That's a bit of an oversimplification that leaves out important qualifiers. "Non-significant" usually means it's indistinguishable from a null hypothesis when a certain level of randomness is allowed in a single, isolated trial.
Who picks the null hypothesis? How is it picked, i.e. why does that specific hypothesis get favourable treatment? What level of randomness should one allow? What does it even mean for an experiment to be a single, isolated trial? How can anything be?
Those are critical questions to understand the concept, and your explanation just pretends they don't exist.
That's another fallacy of frequentist reasoning, that we have to draw definitive conclusions from evidence. That something is definitely false until we have "statistical significance" where it all of a sudden becomes definitely true.
In real life, to borrow your description, we can hold varying levels of belief in statements depending on how strong the evidence is, and the magnitude of the payoff in the various cases.
Maybe the probability of the result in the study in question is 51 %. That's still more than 50 %. Whether that difference is meaningful to you is not something someone else can decide.
Nobody who knows what they are doing, and uses statistics, can flip from something being definitely true to definitely false. At best, they can find overwhelmingly convincing probabilities close to 0 or 1.
Honest scientists who use statistics do not make such a claim that an effect does not exist. Rather than the experiment that was conducted did not produce sufficient evidence (to a numerically defined standard) which justifies believing in the effect.
That is to say, that the existence of the effect, given the results of the experiment, has a low likelihood, and that low likelihood can be statistically quantified.
What that means is that exactly the same results as were observed will, or would, with a high probability, also be observed if the experiment occurs in the null hypothesis universe: the world in which the effect is absent.
So even if we are not in that universe (the effect is real), the experiment didn't show it.
The experiment simply doesn't discriminate between the null hypothesis and its negation to a level that could convince one to hold a probabilistic belief in the existence of the effect.
> the existence of the effect, given the results of the experiment, has a low likelihood, and that low likelihood can be statistically quantified
You have this completely backwards. It means that the likelihood of the null hypothesis was not below some threshold such that it can be "ruled out". It says absolutely nothing about the likelihood of the data if the effect exists.

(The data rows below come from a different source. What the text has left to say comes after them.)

-- ===== src/Crc8.antt =====
-- The CRC-8 table and the XOR stream cipher (src/crc8.rs). Bytes are numbers below 2 ^ 8.
pub mod Table
pub mod Cipher
pub mod Bounds
mod Tests
use phobos_wg_client.Base.{
  ℕ, zero, suc, ◌+◌, ◌-◌, ◌/◌, ◌%◌, ◌^◌, min, bit_and, bit_xor, Bool, true, false, not, ◌||◌, List,
  [], ◌∷◌, ◌++◌, map, Option, some, if◌then◌else◌, leb, ◌==◌, length, get_or, get_elem?, take,
  replicate, Bytes,
}

abbrev pub max_xor_key_length : ℕ
max_xor_key_length = 256

-- The registers of the inner loop of `init_crc8_table`.
pub record Round : Type 0 where
  pub crc : ℕ
  pub inbyte : ℕ

unfoldable pub crc8_round : Round → Round
crc8_round r =
    let mix = bit_and (bit_xor r.crc r.inbyte) 0x01 in
    let shifted = r.crc / 2 in
    record { crc = if not (mix == 0) then bit_xor shifted 0x8C else shifted; inbyte = r.inbyte / 2 }

unfoldable pub crc8_rounds : ℕ → Round → Round
unfolding crc8_round
crc8_rounds zero r = r
crc8_rounds (suc left) r = crc8_rounds left (crc8_round r)

unfoldable pub crc8_entry : ℕ → ℕ
unfolding crc8_rounds
crc8_entry i = (crc8_rounds 8 (record { crc = 0; inbyte = i % 2 ^ 8 })).crc

-- `for i in 0..256`: the entries from `i` on, `left` of them.
unfoldable pub table_from : ℕ → ℕ → List ℕ
unfolding crc8_entry
table_from zero i = []
table_from (suc left) i = crc8_entry i ∷ table_from left (i + 1)

unfoldable pub init_crc8_table : List ℕ
unfolding table_from
init_crc8_table = table_from 256 0

unfoldable pub crc8_table : List ℕ
unfolding init_crc8_table
crc8_table = init_crc8_table

-- `key_adj`: the key bytes plus `base`, then zeros up to 256.
unfoldable pub adjust_key : ℕ → Bytes → Bytes
adjust_key base key =
    map (λ k. (k + base) % 2 ^ 8) key ++ replicate (max_xor_key_length - length key) 0

unfoldable pub next_index : ℕ → ℕ → ℕ
next_index key_len ki = if leb key_len (ki + 1) then 0 else ki + 1

-- `table[(crc ^ key_adj[ki]) as usize]`. No index is out of range (`Bounds`), so the defaults of
-- `get_or` are never read.
unfoldable pub next_crc : Bytes → ℕ → ℕ → ℕ
unfolding crc8_table
next_crc key_adj crc ki = get_or crc8_table (bit_xor crc (get_or key_adj ki 0)) 0

-- The loop over the bytes that are left, at its `crc` and `ki`.
unfoldable pub xor_loop : Bytes → ℕ → ℕ → ℕ → Bytes → Bytes
unfolding next_crc next_index
xor_loop key_adj key_len crc ki [] = []
xor_loop key_adj key_len crc ki (b ∷ bs) =
    let crc' = next_crc key_adj crc ki in
    bit_xor b crc' ∷ xor_loop key_adj key_len crc' (next_index key_len ki) bs

-- The body of `xor_data` behind its early return, with `buffer.len()` as its first argument.
unfoldable pub xor_stream : ℕ → Bytes → Bytes → Bytes
unfolding adjust_key xor_loop
xor_stream buffer_len key buffer =
    let key_len = min (length key) max_xor_key_length in
    let base = (buffer_len + key_len) % 2 ^ 8 in
    xor_loop (adjust_key base (take key_len key)) key_len 0 0 buffer

abbrev pub is_empty : Bytes → Bool
is_empty [] = true
is_empty (b ∷ bs) = false

unfoldable pub xor_data : Bytes → Bytes → Bytes
unfolding xor_stream
xor_data buffer key =
    if is_empty buffer || is_empty key then buffer else xor_stream (length buffer) key buffer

Of course, but the fact that people apply a binary threshold tells you that they want to be able to rule out some things from their models entirely, and include other things as something that's as good as a true fact.

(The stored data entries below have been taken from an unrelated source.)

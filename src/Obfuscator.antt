-- ===== src/Obfuscator.antt =====
-- Packet obfuscation (src/obfuscator.rs). A buffer that a function changes in place is an argument
-- and a result. `rand` is not modelled: what one call of `encode` draws from it is a `Draws`.
pub mod Header
pub mod Padding
pub mod RoundTrip
pub mod Decoding
pub mod Samples
pub mod Secrets
mod Tests
use phobos_wg_client.Base.{
  ℕ, ◌+◌, ◌-◌, ◌*◌, ◌/◌, ◌%◌, ◌^◌, ◌≤◌, ◌<◌, min, bit_and, bit_or, bit_xor, Bool, true, false, not,
  ◌&&◌, ◌||◌, List, [], ◌∷◌, ◌++◌, Option, none, some, ◌≡◌, if◌then◌else◌, ltb, leb, ◌==◌, length,
  take, drop, Bytes, IsBytes, IsByte, u32_from_le,
}
use phobos_wg_client.Crc8.{xor_data}

abbrev pub type_handshake : ℕ
type_handshake = 1

abbrev pub type_handshake_resp : ℕ
type_handshake_resp = 2

abbrev pub type_cookie : ℕ
type_cookie = 3

abbrev pub type_data : ℕ
type_data = 4

abbrev pub max_dummy_length_total : ℕ
max_dummy_length_total = 1024

abbrev pub max_dummy_length_handshake : ℕ
max_dummy_length_handshake = 512

abbrev pub default_max_dummy : ℕ
default_max_dummy = 4

pub record Obfuscator : Type 0 where
  pub key : Bytes
  pub max_dummy : ℕ
  pub obfuscate_bytes : ℕ

-- `Obfuscator::new`
pub new : Bytes → ℕ → ℕ → Obfuscator
new key max_dummy obfuscate_bytes = record {
  key = key;
  max_dummy = max_dummy;
  obfuscate_bytes = obfuscate_bytes;
}

-- `gen_range(1..=255)`, `gen_range(0..limit)` and `fill` on a slice of some length.
pub record Draws : Type 0 where
  pub rnd : ℕ
  pub below : ℕ → ℕ
  pub fill : ℕ → Bytes

-- What the documentation of `rand` promises of them.
pub record IsDraws (d : Draws) : Type 0 where
  pub rnd_pos : 1 ≤ d.rnd
  pub rnd_le : d.rnd ≤ 255
  pub below-lt : (limit : ℕ) → 0 < limit → d.below limit < limit
  pub length-fill : (n : ℕ) → length (d.fill n) ≡ n
  pub fill-IsBytes : (n : ℕ) → IsBytes (d.fill n)

unfoldable pub packet_type : Bytes → Option ℕ
packet_type (a ∷ b ∷ c ∷ d ∷ rest) = some (u32_from_le a b c d)
packet_type _ = none

unfoldable pub is_known_packet_type : ℕ → Bool
is_known_packet_type t = leb type_handshake t && leb t type_data

unfoldable pub is_obfuscated : Bytes → Bool
is_obfuscated (a ∷ b ∷ c ∷ d ∷ rest) = ltb a 1 || ltb 4 a || not (bit_or (bit_or b c) d == 0)
is_obfuscated _ = false

-- `partial`, for a buffer of length `n`.
unfoldable pub is_partial : Obfuscator → ℕ → Bool
is_partial o n = ltb 0 o.obfuscate_bytes && ltb o.obfuscate_bytes n

-- The local `max_dummy` of `encode`.
unfoldable pub dummy_room : Obfuscator → ℕ → ℕ
dummy_room o orig_len =
    let max_dummy = max_dummy_length_total - orig_len in
    if ltb 0 o.obfuscate_bytes
    then (let partial_room = o.obfuscate_bytes - orig_len + 1 in
        if ltb partial_room max_dummy then partial_room else max_dummy)
    else max_dummy

-- The `limit` of the arm of `match packet_type`; 0 where no random number is drawn.
unfoldable pub dummy_limit : Obfuscator → ℕ → ℕ → ℕ
dummy_limit o room t =
    if t == type_handshake || t == type_handshake_resp
    then min room max_dummy_length_handshake
    else if t == type_cookie || t == type_data
    then (if ltb 0 o.max_dummy then min room o.max_dummy else 0)
    else 0

unfoldable pub dummy_length : Obfuscator → Draws → ℕ → ℕ → ℕ
unfolding is_partial dummy_room dummy_limit
dummy_length o d orig_len t =
    if not (is_partial o orig_len) && ltb orig_len max_dummy_length_total
    then (let limit = dummy_limit o (dummy_room o orig_len) t in
        if ltb 0 limit then d.below limit else 0)
    else 0

-- `xor_data(&mut buf[..xor_len], &self.key)`, with `xor_len` as both functions compute it.
unfoldable pub xor_prefix : Obfuscator → Bool → Bytes → Bytes
xor_prefix o partial buf =
    let xor_len = if partial then o.obfuscate_bytes else length buf in
    xor_data (take xor_len buf) o.key ++ drop xor_len buf

-- `encode` up to the cipher: the header is masked, the filler appended.
unfoldable pub pad : Obfuscator → Draws → Bytes → Bytes
unfolding dummy_length
pad o d (b0 ∷ b1 ∷ b2 ∷ b3 ∷ rest) =
    let n = dummy_length o d (length (b0 ∷ b1 ∷ b2 ∷ b3 ∷ rest)) (u32_from_le b0 b1 b2 b3) in
    let filler = if ltb 0 n then d.fill n else [] in
    bit_xor b0 d.rnd ∷ d.rnd ∷ bit_and n 0xFF ∷ bit_and (n / 2 ^ 8) 0xFF ∷ (rest ++ filler)
pad o d buf = buf

unfoldable pub encode : Obfuscator → Draws → Bytes → Bytes
encode o d buf =
    if ltb (length buf) 4 then buf else xor_prefix o (is_partial o (length buf)) (pad o d buf)

-- The end of `decode`, on a buffer whose first byte is unmasked: `truncate`, then the reserved
-- bytes are cleared.
unfoldable pub clear_reserved : Bytes → Bytes
clear_reserved (b0 ∷ b1 ∷ b2 ∷ b3 ∷ rest) = b0 ∷ 0 ∷ 0 ∷ 0 ∷ rest
clear_reserved buf = buf

pub record Decoded : Type 0 where
  pub ok : Bool
  pub buf : Bytes

unfoldable pub has_known_type : Bytes → Bool
has_known_type buf = elim (packet_type buf) [ none ↦ false | some t ↦ is_known_packet_type t ]

unfoldable pub decode_header : Bytes → Decoded
decode_header (b0 ∷ b1 ∷ b2 ∷ b3 ∷ rest) =
    let buf = bit_xor b0 b1 ∷ b1 ∷ b2 ∷ b3 ∷ rest in
    let dummy_len = bit_or b2 (b3 * 2 ^ 8) in
    if ltb (length buf - 4) dummy_len
    then record { ok = false; buf = buf }
    else (let out = clear_reserved (take (length buf - dummy_len) buf) in
        record { ok = has_known_type out; buf = out })
decode_header buf = record { ok = false; buf = buf }

unfoldable pub decode : Obfuscator → Bytes → Decoded
decode o buf =
    if ltb (length buf) 4
    then record { ok = false; buf = buf }
    else (let plain = xor_prefix o (is_partial o (length buf)) buf in
        if not (is_obfuscated plain)
        then record { ok = true; buf = plain }
        else decode_header plain)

What does a non-binary threshold look like, and how is it different from just fine-tuning a regular binary threshold to err more or less on the side of caution?
Who picks the null hypothesis? How is it picked, i.e. why does that specific hypothesis get favourable treatment? What level of randomness should one allow? What does it even mean for an experiment to be a single, isolated trial? How can anything be?
Those are critical questions to understand the concept, and your explanation just pretends they don't exist.